# Dai reaches at 71000 posts.. Wooowwww



## Mars30 (Feb 23, 2010)

Congrats sir dai.. that's a lot lot lot of posts 

:beerchug:


----------



## Basementgeek (Feb 7, 2005)

Very impressive, thanks for all you do.

BG


----------



## Glaswegian (Sep 16, 2005)

Wow - great work dai!


----------



## Old Rich (May 31, 2007)

Incredible!!!


----------



## loda117 (Aug 6, 2010)

Congrats keep up the good work


----------



## WereBo (Apr 5, 2008)

Well done indeed Dai, are you sure you haven't cloned yourself? :grin:


----------



## GZ (Jan 31, 2010)

ray:


----------



## 2xg (Aug 5, 2009)

Thanks for all your help dai.


----------



## Corday (Mar 3, 2010)

71,000, unbelievable.
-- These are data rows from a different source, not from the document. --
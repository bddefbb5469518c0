-- ===== src/Roaring/Containers.antt =====
-- src/roaring_bitmap.c: the bits of a container, and how a container and the directory grow.
use arnm.Base.{
  ℕ, ◌+◌, ◌-◌, ◌*◌, ◌/◌, ◌%◌, ◌^◌, List, [], ◌∷◌, ◌++◌, Bool, ltb, ◌==◌, if◌then◌else◌, get_or, set,
  take, replicate,
}
use arnm.Result.{Result, success, is_success, error_resource_exhausted}
use arnm.Roaring.{
  Contents, array, bitmap, Container, RoaringBitmap, bitmap_log2, log2_first, log2_for_bytes,
  value_of,
}
use arnm.Roaring.Pool.{BlockPool}

-- the bit `bit` of a word
abbrev pub test_bit : ℕ → ℕ → Bool
test_bit word bit = word / 2 ^ bit % 2 == 1

-- the bit of `low`: `words[low >> 6] >> (low & 63) & 1`
unfoldable pub has_bit : List ℕ → ℕ → Bool
has_bit words low = test_bit (get_or words (low / 64) 0) (low % 64)

-- `word | 1 << bit`
abbrev pub with_bit : ℕ → ℕ → ℕ
with_bit word bit = if test_bit word bit then word else word + 2 ^ bit

-- `words[low >> 6] |= 1ull << (low & 63u)`
unfoldable pub set_bit : ℕ → List ℕ → List ℕ
set_bit low words = set words (low / 64) (with_bit (get_or words (low / 64) 0) (low % 64))

-- the same for each low part of an array
unfoldable pub set_bits : List ℕ → List ℕ → List ℕ
set_bits [] words = words
set_bits (low ∷ lows) words = set_bits lows (set_bit low words)

-- arnm_roaring_array_of, whose block holds low parts
abbrev pub array_of : Contents → List ℕ
array_of (array lows) = lows
array_of (bitmap words) = []

-- what a call leaves: its result, the container or the set, and the pool
pub record Outcome (T S : Type 0) : Type 0 where
  pub result : Result
  pub out : T
  pub pool : S

module _ (P : BlockPool) where
  -- array_to_bitmap
  unfoldable pub array_to_bitmap : Container → ℕ → P.State → Outcome Container P.State
  array_to_bitmap last low p =
      let r = P.alloc_log2 p bitmap_log2 in
      if is_success r.result
      then record {
        result = success;
        out = record last {
          block = r.block;
          contents = bitmap (
              set_bit low
                (set_bits (take last.cardinality (array_of last.contents)) (replicate 1024 0)));
          block_log2 = bitmap_log2;
        };
        pool = P.free_log2 r.pool last.block last.block_log2;
      }
      else record { result = r.result; out = last; pool = r.pool }

  -- array_grow: the values in use move, the rest of the new block is not read
  unfoldable pub array_grow : Container → P.State → Outcome Container P.State
  array_grow last p =
      let log2 = (last.block_log2 + 1) % 256 in
      let r = P.alloc_log2 p log2 in
      if is_success r.result
      then record {
        result = success;
        out = record last {
          block = r.block;
          contents = array (take last.cardinality (array_of last.contents));
          block_log2 = log2;
        };
        pool = P.free_log2 r.pool last.block last.block_log2;
      }
      else record { result = r.result; out = last; pool = r.pool }

  -- The block of the directory when it is full: a first one, or one twice the size.
  unfoldable pub grow_directory : RoaringBitmap → P.State → Outcome RoaringBitmap P.State
  grow_directory set p =
      let log2 = if set.block == 0 then log2_first else (set.directory_log2 + 1) % 256 in
      let r = P.alloc_log2 p log2 in
      if is_success r.result
      then record {
        result = success;
        out = record set {
          block = r.block;
          containers = if set.block == 0 then [] else take set.count set.containers;
          directory_log2 = log2;
        };
        pool = if set.block == 0 then r.pool else P.free_log2 r.pool set.block set.directory_log2;
      }
      else record { result = r.result; out = set; pool = r.pool }

  -- arnm_roaring_push_container
  unfoldable pub push_container :
      RoaringBitmap → Container → P.State → Outcome RoaringBitmap P.State
  push_container set container p =
      let capacity = if set.block == 0 then 0 else 2 ^ set.directory_log2 / 16 in
      let g =
        if set.count == capacity
        then grow_directory set p
        else record { result = success; out = set; pool = p } in
      if is_success g.result
      then record g {
        out = record g.out {
          containers = take g.out.count g.out.containers ++ container ∷ [];
          count = (g.out.count + 1) % 4294967296;
        };
      }
      else g

  -- What the callers of push_container do: with a refusal the new container's block goes back.
  unfoldable pub push_or_free : RoaringBitmap → Container → P.State → Outcome RoaringBitmap P.State
  push_or_free set container p =
      let r = push_container set container p in
      if is_success r.result
      then r
      else record r { pool = P.free_log2 r.pool container.block container.block_log2 }

  -- arnm_roaring_emit_array
  unfoldable pub emit_array :
      RoaringBitmap → ℕ → List ℕ → ℕ → P.State → Outcome RoaringBitmap P.State
  emit_array set key lows count p =
      if count == 0
      then record { result = success; out = set; pool = p }
      else if ltb (4294967295 - count) set.cardinality
      then record { result = error_resource_exhausted; out = set; pool = p }
      else let log2 = log2_for_bytes (count * 2 % 4294967296) in
        let r = P.alloc_log2 p log2 in
        let container : Container = record {
          block = r.block;
          contents = array (take count lows);
          cardinality = count;
          key = key;
          block_log2 = log2;
        } in
        if is_success r.result
        then (let g = push_or_free set container r.pool in
            if is_success g.result
            then record g {
              out = record g.out {
                cardinality = (g.out.cardinality + count) % 4294967296;
                maximum = value_of key (get_or lows (count - 1) 0);
              };
            }
            else g)
        else record { result = r.result; out = set; pool = r.pool }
Way to go Dai


----------



## zuluclayman (Dec 16, 2005)

wow - well done dai!


----------



## oscer1 (Jan 27, 2010)

excellent job, way to go


----------



## Redeye3323 (Sep 20, 2009)

Congrats Dai

If only we were given a pound for each post, Dai would be able to afford a whole house by now xD


----------



## WereBo (Apr 5, 2008)

Redeye3323 said:


> Congrats Dai
> 
> If only we were given a pound for each post, Dai would be able to afford a whole house by now xD


At today's housing-prices? - More like a shed for the back garden.... :grin:


----------



## jcgriff2 (Sep 30, 2007)

Simply incredible, dai.

Congratulations!

John

`


----------



## dai (Jul 2, 2004)

thanks


----------



## JohnthePilot (Mar 30, 2006)

Congratulations Dai.


----------



## Amd_Man (Jan 27, 2009)

Congratulations Dai. That's alot of posts!


----------



## joeten (Dec 4, 2008)

Congratulations dai the number alone makes me tired


----------



## Mars30 (Feb 23, 2010)

joeten said:


> Congratulations dai the number alone makes me tired


just swap 1 and 7 in your post count and you will be ahead of dai :biggrinje


----------



## Ninjaboi (Dec 27, 2010)

I'm starting to worry that he will fly past 100,000 by the end of next year :biggrinje.

Nice going Dai!


----------



## v-six (Sep 12, 2004)

Congrats. I can't even count that high.


----------



## SABL (Jul 4, 2008)

Congratulations dai.......nice goin'!!


----------



## jenae (Jun 17, 2008)

Hi, truly remarkable, for a WA man, surely you rich miners have staff for this sort of thing.


----------



## dai (Jul 2, 2004)

you rich miners

unfortunately don't move in those circles

the ones i have met have viewpoints are as far opposite as you can get from mine


----------



## Go The Power (Mar 5, 2007)

Congratulations dai, keep up the great work!


----------